— Assignment —
When a line of the records below contains the string "prefix", copy that whole line.

— Given data —
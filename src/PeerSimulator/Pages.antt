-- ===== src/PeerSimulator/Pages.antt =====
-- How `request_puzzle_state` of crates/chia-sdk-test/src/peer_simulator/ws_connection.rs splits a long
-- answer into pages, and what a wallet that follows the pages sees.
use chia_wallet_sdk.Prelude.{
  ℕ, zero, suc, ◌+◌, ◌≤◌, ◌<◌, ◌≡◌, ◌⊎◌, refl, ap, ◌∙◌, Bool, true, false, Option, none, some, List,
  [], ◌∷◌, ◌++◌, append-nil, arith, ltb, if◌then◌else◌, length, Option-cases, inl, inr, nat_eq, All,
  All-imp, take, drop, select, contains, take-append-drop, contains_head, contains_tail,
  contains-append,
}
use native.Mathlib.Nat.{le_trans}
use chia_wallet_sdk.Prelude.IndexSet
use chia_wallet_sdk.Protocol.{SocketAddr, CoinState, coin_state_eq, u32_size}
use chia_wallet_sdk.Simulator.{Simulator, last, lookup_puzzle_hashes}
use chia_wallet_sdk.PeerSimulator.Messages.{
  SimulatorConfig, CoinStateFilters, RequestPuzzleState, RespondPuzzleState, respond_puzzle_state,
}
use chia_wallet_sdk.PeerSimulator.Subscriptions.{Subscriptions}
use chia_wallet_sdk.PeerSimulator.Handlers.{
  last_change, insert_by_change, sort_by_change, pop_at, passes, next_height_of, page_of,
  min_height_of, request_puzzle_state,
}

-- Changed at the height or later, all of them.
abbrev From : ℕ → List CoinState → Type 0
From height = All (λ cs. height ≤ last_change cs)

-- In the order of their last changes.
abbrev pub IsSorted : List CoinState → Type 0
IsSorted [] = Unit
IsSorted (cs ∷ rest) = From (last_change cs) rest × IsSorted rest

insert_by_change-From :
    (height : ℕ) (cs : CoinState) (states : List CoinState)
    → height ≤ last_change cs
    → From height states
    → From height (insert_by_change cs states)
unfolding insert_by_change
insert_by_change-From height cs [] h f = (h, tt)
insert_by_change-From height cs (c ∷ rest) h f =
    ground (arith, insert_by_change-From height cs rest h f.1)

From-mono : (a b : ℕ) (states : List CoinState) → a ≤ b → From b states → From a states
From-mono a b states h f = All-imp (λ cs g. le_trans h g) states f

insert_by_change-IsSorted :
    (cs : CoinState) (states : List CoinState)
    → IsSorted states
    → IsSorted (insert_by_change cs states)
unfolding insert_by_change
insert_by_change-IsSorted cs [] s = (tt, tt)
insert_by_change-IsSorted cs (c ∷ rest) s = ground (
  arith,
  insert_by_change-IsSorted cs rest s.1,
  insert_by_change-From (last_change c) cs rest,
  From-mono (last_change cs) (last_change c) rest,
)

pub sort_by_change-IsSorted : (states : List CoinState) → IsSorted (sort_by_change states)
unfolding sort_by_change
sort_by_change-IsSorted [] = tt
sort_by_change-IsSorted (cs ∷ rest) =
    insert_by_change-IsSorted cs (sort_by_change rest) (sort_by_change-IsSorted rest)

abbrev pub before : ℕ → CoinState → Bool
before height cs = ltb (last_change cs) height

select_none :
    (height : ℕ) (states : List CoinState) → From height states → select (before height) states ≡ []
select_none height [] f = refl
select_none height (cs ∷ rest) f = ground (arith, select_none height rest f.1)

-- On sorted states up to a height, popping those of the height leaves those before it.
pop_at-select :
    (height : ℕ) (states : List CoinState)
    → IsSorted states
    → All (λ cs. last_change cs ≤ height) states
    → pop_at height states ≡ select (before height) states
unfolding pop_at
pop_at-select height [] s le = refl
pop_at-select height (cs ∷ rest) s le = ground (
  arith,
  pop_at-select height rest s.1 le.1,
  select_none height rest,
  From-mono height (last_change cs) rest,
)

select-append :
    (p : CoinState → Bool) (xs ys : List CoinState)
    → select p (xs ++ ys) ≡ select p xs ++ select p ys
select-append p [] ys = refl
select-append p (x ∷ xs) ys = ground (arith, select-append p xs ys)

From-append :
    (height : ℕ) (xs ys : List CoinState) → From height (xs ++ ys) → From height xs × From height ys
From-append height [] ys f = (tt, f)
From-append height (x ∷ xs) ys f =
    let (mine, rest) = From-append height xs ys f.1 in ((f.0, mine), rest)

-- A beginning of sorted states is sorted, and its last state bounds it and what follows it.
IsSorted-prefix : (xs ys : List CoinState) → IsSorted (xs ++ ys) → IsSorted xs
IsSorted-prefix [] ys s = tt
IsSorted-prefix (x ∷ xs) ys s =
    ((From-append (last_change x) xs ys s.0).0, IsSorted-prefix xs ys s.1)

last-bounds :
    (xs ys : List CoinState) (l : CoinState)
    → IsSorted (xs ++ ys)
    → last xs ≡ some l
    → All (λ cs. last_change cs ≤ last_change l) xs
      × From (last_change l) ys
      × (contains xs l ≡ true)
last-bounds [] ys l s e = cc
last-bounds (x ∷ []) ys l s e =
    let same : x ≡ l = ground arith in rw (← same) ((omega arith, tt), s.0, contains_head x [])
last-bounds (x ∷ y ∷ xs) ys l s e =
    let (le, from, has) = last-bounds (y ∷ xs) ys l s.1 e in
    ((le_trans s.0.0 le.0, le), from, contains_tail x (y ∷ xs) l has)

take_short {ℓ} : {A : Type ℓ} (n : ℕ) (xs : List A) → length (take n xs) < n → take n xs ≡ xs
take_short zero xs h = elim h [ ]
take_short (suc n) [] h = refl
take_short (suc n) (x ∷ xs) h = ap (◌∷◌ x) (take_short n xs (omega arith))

--

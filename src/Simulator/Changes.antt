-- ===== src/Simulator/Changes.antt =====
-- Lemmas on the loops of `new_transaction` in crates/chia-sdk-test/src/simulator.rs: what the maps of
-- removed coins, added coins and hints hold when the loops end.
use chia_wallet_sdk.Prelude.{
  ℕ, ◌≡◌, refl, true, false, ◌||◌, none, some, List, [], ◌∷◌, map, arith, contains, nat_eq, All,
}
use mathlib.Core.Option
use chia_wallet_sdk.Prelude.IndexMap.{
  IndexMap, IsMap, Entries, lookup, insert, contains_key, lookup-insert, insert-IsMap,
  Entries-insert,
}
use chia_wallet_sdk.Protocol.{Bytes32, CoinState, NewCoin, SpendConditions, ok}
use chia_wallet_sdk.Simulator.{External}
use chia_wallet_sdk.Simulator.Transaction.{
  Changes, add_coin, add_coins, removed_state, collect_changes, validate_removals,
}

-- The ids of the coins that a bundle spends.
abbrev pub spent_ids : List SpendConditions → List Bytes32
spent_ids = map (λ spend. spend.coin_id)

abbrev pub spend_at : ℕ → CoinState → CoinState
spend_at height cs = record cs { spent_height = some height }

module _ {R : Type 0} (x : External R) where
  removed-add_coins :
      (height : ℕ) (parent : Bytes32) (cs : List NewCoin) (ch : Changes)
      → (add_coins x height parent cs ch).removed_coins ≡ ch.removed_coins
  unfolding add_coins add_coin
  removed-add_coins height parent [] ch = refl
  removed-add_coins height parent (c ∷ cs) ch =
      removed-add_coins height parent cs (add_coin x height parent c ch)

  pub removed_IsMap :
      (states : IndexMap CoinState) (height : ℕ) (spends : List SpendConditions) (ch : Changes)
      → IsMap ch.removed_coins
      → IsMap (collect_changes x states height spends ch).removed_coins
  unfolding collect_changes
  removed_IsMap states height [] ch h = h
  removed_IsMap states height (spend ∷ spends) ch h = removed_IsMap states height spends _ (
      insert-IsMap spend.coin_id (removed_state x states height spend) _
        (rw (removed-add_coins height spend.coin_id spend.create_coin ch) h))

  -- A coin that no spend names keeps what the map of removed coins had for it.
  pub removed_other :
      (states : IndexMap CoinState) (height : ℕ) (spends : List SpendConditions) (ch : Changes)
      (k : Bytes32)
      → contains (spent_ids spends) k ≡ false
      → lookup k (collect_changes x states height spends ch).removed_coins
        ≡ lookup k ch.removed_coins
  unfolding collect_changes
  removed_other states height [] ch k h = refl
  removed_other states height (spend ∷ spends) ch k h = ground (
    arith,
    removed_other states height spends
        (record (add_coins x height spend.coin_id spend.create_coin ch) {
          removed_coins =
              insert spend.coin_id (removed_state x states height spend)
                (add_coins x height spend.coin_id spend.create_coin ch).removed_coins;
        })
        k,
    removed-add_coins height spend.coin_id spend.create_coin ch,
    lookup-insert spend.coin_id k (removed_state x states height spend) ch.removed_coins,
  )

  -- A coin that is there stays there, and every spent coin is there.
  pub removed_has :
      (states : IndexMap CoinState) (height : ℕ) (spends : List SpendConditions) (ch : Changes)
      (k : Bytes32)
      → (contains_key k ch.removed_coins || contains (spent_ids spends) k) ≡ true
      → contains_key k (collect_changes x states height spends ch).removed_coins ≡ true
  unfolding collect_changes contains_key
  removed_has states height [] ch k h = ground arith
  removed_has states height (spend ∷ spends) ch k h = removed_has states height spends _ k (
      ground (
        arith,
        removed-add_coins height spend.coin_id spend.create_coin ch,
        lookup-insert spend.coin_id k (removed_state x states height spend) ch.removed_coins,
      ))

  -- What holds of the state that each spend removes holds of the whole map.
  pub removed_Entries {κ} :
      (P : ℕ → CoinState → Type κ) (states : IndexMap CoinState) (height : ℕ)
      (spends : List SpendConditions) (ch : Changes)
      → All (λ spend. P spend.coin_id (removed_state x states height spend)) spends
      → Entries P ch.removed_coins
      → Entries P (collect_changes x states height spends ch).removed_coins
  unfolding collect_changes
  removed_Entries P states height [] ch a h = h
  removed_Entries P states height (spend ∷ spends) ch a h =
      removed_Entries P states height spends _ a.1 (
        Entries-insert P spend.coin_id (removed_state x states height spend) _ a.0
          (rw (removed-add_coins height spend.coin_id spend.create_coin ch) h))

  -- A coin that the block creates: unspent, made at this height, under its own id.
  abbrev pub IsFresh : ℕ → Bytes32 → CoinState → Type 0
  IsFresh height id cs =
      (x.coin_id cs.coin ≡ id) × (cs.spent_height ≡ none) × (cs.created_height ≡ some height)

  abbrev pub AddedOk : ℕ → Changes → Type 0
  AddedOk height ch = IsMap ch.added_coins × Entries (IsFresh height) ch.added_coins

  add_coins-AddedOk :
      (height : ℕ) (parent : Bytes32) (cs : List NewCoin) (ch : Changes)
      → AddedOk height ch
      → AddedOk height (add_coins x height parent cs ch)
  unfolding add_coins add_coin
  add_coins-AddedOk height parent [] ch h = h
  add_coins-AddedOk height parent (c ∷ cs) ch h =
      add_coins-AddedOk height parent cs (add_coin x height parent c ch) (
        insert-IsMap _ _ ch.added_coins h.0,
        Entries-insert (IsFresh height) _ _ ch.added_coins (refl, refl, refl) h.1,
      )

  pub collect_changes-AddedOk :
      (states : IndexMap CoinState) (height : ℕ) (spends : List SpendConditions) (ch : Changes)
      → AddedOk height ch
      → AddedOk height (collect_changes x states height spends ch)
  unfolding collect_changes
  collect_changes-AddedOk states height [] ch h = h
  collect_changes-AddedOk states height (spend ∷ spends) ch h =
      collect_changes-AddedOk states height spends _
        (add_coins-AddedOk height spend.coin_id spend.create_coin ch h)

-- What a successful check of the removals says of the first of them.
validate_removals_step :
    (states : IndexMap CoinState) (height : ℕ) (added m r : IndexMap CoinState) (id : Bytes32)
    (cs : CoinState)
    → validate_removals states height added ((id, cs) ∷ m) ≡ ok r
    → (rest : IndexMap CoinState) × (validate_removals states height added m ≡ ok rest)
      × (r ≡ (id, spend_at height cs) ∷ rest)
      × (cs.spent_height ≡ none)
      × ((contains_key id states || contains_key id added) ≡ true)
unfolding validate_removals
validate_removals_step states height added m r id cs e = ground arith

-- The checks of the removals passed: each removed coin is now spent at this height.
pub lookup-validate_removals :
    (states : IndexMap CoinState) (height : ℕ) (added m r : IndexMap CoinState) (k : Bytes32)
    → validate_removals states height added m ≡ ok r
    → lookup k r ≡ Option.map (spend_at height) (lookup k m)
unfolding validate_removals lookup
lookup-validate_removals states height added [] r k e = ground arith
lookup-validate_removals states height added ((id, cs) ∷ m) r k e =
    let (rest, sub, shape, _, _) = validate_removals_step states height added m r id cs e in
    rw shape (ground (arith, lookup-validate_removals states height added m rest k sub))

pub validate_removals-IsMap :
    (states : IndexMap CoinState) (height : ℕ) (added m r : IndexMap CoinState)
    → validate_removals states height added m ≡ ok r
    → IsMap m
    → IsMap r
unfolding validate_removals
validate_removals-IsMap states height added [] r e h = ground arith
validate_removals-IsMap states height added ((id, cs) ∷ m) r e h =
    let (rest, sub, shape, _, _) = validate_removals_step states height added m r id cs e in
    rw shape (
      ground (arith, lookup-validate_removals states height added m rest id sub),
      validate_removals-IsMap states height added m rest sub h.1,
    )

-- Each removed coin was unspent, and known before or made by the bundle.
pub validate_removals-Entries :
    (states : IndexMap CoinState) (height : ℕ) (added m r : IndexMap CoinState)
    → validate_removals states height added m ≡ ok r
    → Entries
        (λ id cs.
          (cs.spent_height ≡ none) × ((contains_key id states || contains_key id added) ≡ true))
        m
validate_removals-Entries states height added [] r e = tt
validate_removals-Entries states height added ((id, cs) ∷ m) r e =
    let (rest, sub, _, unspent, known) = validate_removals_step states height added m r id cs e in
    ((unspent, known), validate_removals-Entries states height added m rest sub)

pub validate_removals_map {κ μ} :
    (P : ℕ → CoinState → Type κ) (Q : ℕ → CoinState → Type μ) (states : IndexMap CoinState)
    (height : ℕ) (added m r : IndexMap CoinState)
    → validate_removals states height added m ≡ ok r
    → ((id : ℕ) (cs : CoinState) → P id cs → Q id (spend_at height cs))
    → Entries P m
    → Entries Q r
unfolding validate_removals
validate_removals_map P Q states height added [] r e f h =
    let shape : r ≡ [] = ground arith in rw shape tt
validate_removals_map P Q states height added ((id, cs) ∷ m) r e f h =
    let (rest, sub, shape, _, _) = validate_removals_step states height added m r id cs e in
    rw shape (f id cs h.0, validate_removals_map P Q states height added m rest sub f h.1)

— Output below —
IsSorted-prefix : (xs ys : List CoinState) → IsSorted (xs ++ ys) → IsSorted xs
IsSorted-prefix [] ys s = tt
IsSorted-prefix (x ∷ xs) ys s =
    ((From-append (last_change x) xs ys s.0).0, IsSorted-prefix xs ys s.1)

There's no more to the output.